[[ Material provided open ]]
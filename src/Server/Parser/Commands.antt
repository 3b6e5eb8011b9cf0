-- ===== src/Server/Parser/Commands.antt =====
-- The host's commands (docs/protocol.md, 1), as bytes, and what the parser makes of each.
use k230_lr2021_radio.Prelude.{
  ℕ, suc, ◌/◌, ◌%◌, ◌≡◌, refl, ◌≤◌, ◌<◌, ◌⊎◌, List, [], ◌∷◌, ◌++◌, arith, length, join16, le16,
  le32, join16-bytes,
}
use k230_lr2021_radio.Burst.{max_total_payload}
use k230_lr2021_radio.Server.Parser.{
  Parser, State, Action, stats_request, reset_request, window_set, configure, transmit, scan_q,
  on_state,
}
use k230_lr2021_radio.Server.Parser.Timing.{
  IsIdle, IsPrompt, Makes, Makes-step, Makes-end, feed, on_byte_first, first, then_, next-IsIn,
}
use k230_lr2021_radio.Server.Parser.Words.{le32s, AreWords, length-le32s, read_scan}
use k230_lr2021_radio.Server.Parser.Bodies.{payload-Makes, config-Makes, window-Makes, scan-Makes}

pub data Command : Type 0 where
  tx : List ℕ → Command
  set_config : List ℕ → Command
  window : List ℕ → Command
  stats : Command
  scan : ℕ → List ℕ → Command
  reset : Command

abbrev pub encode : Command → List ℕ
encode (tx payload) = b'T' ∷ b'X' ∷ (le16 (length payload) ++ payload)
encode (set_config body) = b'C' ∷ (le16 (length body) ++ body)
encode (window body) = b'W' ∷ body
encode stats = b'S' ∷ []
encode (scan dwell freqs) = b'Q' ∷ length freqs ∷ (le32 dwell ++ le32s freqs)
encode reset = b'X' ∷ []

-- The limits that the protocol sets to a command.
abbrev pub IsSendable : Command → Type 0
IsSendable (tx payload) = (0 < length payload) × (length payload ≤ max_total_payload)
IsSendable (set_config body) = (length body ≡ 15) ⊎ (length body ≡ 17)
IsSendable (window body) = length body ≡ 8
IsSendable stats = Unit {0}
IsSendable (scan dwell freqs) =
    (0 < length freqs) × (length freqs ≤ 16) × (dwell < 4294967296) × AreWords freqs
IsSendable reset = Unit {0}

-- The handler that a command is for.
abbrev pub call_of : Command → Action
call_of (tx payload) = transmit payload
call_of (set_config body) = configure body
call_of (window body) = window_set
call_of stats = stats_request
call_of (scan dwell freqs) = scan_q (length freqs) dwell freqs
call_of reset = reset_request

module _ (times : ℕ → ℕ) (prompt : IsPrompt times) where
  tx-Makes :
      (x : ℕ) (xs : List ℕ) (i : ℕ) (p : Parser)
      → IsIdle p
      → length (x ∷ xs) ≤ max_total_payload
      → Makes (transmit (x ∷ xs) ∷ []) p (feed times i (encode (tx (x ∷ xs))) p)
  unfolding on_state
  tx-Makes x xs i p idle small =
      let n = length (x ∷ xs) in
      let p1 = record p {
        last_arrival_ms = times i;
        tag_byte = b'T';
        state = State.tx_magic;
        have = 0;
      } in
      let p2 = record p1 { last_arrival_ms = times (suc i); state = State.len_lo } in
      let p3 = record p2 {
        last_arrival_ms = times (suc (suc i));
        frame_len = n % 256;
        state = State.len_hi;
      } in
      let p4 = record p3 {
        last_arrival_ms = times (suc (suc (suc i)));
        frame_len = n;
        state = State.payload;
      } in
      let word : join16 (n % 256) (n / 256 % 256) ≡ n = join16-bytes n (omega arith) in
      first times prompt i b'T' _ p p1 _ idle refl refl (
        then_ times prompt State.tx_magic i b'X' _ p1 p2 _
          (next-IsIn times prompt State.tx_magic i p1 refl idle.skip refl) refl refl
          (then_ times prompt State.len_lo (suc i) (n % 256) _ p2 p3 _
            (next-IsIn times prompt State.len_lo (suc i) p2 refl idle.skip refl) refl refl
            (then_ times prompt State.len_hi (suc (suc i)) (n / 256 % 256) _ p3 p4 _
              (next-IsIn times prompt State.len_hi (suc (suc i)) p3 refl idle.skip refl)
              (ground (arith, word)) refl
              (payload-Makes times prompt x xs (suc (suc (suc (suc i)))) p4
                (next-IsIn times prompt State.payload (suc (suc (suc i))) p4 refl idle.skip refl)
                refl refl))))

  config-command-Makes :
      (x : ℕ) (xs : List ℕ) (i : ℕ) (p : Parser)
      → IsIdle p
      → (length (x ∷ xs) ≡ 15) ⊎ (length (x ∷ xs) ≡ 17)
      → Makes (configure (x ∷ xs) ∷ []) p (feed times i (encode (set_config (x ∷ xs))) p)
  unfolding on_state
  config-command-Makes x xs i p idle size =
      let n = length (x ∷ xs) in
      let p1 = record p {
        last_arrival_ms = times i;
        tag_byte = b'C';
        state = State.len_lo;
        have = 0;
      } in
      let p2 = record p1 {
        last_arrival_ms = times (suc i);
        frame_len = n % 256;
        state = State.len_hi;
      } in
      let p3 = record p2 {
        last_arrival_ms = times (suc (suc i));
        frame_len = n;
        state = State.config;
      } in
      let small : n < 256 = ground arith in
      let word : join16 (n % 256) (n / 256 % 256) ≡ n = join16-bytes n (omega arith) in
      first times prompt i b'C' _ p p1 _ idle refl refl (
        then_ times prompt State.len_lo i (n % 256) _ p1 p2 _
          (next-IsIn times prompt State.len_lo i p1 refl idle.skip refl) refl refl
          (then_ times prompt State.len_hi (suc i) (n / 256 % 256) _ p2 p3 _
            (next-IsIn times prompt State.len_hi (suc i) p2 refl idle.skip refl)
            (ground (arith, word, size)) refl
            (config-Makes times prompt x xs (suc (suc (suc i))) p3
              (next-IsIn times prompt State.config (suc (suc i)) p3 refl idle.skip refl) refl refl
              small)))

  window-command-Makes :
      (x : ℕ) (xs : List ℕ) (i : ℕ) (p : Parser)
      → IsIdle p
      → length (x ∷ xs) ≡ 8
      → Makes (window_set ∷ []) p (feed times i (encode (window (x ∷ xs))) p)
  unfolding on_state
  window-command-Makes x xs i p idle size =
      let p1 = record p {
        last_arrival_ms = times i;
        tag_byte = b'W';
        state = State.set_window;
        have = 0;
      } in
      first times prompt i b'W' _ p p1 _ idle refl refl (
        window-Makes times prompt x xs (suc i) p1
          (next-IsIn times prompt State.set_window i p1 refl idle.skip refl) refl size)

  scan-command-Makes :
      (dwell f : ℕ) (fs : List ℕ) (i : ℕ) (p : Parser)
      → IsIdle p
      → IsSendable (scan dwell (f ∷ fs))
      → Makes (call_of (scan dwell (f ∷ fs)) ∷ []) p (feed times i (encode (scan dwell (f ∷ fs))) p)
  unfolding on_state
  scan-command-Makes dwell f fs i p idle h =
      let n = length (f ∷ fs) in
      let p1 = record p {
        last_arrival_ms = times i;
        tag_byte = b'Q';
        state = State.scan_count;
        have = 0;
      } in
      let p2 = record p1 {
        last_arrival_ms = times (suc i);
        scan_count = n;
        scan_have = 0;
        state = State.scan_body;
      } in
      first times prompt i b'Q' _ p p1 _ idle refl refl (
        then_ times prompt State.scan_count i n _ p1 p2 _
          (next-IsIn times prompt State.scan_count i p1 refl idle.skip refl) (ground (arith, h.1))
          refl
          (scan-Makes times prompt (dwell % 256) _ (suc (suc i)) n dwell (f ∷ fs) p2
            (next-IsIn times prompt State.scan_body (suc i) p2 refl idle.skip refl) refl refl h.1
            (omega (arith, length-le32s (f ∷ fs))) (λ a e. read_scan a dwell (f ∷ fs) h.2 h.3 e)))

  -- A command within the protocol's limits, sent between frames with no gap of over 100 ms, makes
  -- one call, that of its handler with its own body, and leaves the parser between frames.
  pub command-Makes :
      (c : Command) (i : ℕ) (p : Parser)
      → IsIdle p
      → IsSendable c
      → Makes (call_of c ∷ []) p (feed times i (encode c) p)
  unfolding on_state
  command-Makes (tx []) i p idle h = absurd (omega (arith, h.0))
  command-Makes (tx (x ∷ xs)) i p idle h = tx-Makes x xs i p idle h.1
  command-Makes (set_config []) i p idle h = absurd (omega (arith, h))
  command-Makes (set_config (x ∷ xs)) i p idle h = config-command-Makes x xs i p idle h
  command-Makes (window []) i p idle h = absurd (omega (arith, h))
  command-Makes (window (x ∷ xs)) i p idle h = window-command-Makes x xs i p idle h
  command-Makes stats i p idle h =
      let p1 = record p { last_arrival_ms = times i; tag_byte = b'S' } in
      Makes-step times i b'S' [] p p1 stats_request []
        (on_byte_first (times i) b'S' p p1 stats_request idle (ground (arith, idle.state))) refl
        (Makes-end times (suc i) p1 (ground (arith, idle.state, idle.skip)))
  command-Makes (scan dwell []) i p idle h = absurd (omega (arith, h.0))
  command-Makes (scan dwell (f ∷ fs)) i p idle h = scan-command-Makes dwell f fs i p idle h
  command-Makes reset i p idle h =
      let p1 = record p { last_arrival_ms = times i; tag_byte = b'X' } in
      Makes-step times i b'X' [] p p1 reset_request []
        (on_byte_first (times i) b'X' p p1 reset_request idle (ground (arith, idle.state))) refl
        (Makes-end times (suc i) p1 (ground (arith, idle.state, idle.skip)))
[[ Material provided closed ]]
### [To do]
Give back, verbatim, the lines from the top of the entries above through the line containing "encode stats = b'S' ∷ []".

### [Result]
filename src/Server/Parser/Commands.antt
repository 3b6e5eb8011b9cf0
-- ===== src/Server/Parser/Commands.antt =====
-- The host's commands (docs/protocol.md, 1), as bytes, and what the parser makes of each.
use k230_lr2021_radio.Prelude.{
  ℕ, suc, ◌/◌, ◌%◌, ◌≡◌, refl, ◌≤◌, ◌<◌, ◌⊎◌, List, [], ◌∷◌, ◌++◌, arith, length, join16, le16,
  le32, join16-bytes,
}
use k230_lr2021_radio.Burst.{max_total_payload}
use k230_lr2021_radio.Server.Parser.{
  Parser, State, Action, stats_request, reset_request, window_set, configure, transmit, scan_q,
  on_state,
}
use k230_lr2021_radio.Server.Parser.Timing.{
  IsIdle, IsPrompt, Makes, Makes-step, Makes-end, feed, on_byte_first, first, then_, next-IsIn,
}
use k230_lr2021_radio.Server.Parser.Words.{le32s, AreWords, length-le32s, read_scan}
use k230_lr2021_radio.Server.Parser.Bodies.{payload-Makes, config-Makes, window-Makes, scan-Makes}

pub data Command : Type 0 where
  tx : List ℕ → Command
  set_config : List ℕ → Command
  window : List ℕ → Command
  stats : Command
  scan : ℕ → List ℕ → Command
  reset : Command

abbrev pub encode : Command → List ℕ
encode (tx payload) = b'T' ∷ b'X' ∷ (le16 (length payload) ++ payload)
encode (set_config body) = b'C' ∷ (le16 (length body) ++ body)
encode (window body) = b'W' ∷ body
encode stats = b'S' ∷ []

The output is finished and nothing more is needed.